## Task item
The entries below hold a line with "rw (reverse-append (map" and a line with "find_row-put_row_other (u64_key s.tree_size)". Return those lines and all that lie between them, exactly and only.
** Recorded information follows **
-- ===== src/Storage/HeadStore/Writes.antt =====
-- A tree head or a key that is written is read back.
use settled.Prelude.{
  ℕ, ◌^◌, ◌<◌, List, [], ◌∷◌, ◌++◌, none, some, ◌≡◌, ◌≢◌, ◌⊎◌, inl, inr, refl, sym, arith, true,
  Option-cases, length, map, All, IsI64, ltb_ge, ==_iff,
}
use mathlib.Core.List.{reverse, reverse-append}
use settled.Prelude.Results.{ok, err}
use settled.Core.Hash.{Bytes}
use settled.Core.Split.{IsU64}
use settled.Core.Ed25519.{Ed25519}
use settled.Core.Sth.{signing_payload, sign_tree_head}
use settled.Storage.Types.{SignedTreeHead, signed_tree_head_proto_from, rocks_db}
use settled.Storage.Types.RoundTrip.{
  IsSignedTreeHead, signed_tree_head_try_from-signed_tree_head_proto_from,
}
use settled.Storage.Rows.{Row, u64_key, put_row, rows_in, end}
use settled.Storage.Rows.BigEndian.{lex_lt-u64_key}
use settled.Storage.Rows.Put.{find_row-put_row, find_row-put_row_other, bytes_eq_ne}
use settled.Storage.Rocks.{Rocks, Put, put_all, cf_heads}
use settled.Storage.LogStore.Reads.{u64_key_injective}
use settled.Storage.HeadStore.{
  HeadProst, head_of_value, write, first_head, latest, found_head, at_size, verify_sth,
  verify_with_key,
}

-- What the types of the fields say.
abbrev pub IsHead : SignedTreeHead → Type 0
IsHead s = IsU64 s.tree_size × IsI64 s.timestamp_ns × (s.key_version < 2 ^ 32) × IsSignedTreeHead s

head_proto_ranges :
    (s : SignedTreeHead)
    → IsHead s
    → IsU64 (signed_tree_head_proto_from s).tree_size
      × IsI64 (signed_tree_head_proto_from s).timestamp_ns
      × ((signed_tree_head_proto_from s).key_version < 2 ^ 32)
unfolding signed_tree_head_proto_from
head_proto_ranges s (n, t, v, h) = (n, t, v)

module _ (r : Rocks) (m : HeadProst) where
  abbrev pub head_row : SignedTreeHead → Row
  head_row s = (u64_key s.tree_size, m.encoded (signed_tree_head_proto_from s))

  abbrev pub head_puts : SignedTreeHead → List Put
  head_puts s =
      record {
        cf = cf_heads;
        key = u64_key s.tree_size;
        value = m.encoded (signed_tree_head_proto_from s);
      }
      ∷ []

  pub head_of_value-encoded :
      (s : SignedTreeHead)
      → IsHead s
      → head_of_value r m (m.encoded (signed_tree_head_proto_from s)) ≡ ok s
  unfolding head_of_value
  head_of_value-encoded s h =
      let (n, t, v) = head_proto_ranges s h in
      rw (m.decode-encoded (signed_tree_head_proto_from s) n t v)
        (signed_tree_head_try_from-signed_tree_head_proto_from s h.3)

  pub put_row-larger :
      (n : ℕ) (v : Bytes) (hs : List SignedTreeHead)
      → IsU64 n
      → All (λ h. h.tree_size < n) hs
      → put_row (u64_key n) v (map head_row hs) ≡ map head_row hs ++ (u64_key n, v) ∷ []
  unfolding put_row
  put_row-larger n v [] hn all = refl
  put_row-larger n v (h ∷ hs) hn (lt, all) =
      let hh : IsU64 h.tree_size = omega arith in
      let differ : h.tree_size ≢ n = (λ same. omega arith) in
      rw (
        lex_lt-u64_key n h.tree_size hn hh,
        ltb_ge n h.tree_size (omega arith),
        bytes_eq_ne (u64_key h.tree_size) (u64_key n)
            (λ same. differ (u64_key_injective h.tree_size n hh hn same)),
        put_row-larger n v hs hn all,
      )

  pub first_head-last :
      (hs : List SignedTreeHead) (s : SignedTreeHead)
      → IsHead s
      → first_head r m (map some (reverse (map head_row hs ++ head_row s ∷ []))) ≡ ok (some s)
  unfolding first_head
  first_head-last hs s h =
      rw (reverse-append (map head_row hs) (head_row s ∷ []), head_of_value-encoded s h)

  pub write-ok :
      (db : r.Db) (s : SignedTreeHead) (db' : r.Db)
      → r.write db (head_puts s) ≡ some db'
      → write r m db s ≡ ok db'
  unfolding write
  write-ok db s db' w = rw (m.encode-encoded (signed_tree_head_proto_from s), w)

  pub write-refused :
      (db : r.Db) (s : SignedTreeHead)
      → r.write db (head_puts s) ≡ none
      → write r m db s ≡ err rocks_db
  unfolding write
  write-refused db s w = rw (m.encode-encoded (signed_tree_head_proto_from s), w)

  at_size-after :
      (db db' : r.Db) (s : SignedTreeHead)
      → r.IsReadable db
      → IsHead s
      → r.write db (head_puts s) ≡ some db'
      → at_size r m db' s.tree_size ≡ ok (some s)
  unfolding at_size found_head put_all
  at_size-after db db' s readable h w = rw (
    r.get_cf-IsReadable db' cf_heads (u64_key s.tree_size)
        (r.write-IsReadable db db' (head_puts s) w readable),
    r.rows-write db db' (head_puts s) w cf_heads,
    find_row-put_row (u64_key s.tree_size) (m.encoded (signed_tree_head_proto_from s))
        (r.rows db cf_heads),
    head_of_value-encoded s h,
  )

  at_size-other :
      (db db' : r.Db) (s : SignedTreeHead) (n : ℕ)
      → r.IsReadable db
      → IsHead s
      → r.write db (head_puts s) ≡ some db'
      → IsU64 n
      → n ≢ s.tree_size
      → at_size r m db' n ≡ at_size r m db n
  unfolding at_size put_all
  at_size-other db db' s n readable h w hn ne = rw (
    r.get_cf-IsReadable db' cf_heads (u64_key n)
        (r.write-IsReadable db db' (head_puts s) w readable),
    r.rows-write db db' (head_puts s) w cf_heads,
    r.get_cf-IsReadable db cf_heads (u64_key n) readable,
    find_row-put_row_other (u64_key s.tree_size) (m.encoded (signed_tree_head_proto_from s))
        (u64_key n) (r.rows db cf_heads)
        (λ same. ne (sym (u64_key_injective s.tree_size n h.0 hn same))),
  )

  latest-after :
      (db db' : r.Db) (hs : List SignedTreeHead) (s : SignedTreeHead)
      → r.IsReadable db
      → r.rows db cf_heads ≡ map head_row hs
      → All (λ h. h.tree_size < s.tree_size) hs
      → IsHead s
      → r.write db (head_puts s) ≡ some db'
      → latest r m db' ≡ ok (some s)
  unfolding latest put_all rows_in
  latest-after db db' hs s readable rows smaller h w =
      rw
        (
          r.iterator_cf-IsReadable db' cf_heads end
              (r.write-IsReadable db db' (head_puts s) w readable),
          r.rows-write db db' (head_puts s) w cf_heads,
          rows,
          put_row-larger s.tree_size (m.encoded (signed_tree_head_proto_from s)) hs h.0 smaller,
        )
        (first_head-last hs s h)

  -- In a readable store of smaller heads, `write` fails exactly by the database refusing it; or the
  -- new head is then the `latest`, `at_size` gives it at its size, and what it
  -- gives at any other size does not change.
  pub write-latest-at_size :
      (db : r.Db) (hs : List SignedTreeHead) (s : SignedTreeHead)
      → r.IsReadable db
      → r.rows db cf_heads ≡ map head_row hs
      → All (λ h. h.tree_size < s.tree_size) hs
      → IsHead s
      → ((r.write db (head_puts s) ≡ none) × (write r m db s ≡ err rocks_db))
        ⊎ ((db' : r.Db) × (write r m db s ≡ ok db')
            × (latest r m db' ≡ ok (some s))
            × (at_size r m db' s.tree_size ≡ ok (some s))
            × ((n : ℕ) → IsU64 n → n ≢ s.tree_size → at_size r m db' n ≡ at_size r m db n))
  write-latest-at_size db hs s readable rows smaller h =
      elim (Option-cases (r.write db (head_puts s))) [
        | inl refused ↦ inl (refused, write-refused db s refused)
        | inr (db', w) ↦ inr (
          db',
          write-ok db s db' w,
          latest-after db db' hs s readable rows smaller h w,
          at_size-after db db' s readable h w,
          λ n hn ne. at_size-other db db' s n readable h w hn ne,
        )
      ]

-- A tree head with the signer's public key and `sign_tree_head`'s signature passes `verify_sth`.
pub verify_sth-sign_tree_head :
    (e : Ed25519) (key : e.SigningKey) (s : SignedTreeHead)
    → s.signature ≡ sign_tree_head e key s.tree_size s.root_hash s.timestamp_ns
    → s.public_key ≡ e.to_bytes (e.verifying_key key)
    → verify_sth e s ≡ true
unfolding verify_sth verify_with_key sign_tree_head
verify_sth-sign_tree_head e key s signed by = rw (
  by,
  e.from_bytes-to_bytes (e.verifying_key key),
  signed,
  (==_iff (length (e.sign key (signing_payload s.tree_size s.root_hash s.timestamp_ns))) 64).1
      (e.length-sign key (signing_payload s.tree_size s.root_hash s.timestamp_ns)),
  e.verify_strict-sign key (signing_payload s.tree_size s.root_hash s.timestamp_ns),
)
** End of Recorded information **
## Answer to this problem
      rw (reverse-append (map head_row hs) (head_row s ∷ []), head_of_value-encoded s h)

  pub write-ok :
      (db : r.Db) (s : SignedTreeHead) (db' : r.Db)
      → r.write db (head_puts s) ≡ some db'
      → write r m db s ≡ ok db'
  unfolding write
  write-ok db s db' w = rw (m.encode-encoded (signed_tree_head_proto_from s), w)

  pub write-refused :
      (db : r.Db) (s : SignedTreeHead)
      → r.write db (head_puts s) ≡ none
      → write r m db s ≡ err rocks_db
  unfolding write
  write-refused db s w = rw (m.encode-encoded (signed_tree_head_proto_from s), w)

  at_size-after :
      (db db' : r.Db) (s : SignedTreeHead)
      → r.IsReadable db
      → IsHead s
      → r.write db (head_puts s) ≡ some db'
      → at_size r m db' s.tree_size ≡ ok (some s)
  unfolding at_size found_head put_all
  at_size-after db db' s readable h w = rw (
    r.get_cf-IsReadable db' cf_heads (u64_key s.tree_size)
        (r.write-IsReadable db db' (head_puts s) w readable),
    r.rows-write db db' (head_puts s) w cf_heads,
    find_row-put_row (u64_key s.tree_size) (m.encoded (signed_tree_head_proto_from s))
        (r.rows db cf_heads),
    head_of_value-encoded s h,
  )

  at_size-other :
      (db db' : r.Db) (s : SignedTreeHead) (n : ℕ)
      → r.IsReadable db
      → IsHead s
      → r.write db (head_puts s) ≡ some db'
      → IsU64 n
      → n ≢ s.tree_size
      → at_size r m db' n ≡ at_size r m db n
  unfolding at_size put_all
  at_size-other db db' s n readable h w hn ne = rw (
    r.get_cf-IsReadable db' cf_heads (u64_key n)
        (r.write-IsReadable db db' (head_puts s) w readable),
    r.rows-write db db' (head_puts s) w cf_heads,
    r.get_cf-IsReadable db cf_heads (u64_key n) readable,
    find_row-put_row_other (u64_key s.tree_size) (m.encoded (signed_tree_head_proto_from s))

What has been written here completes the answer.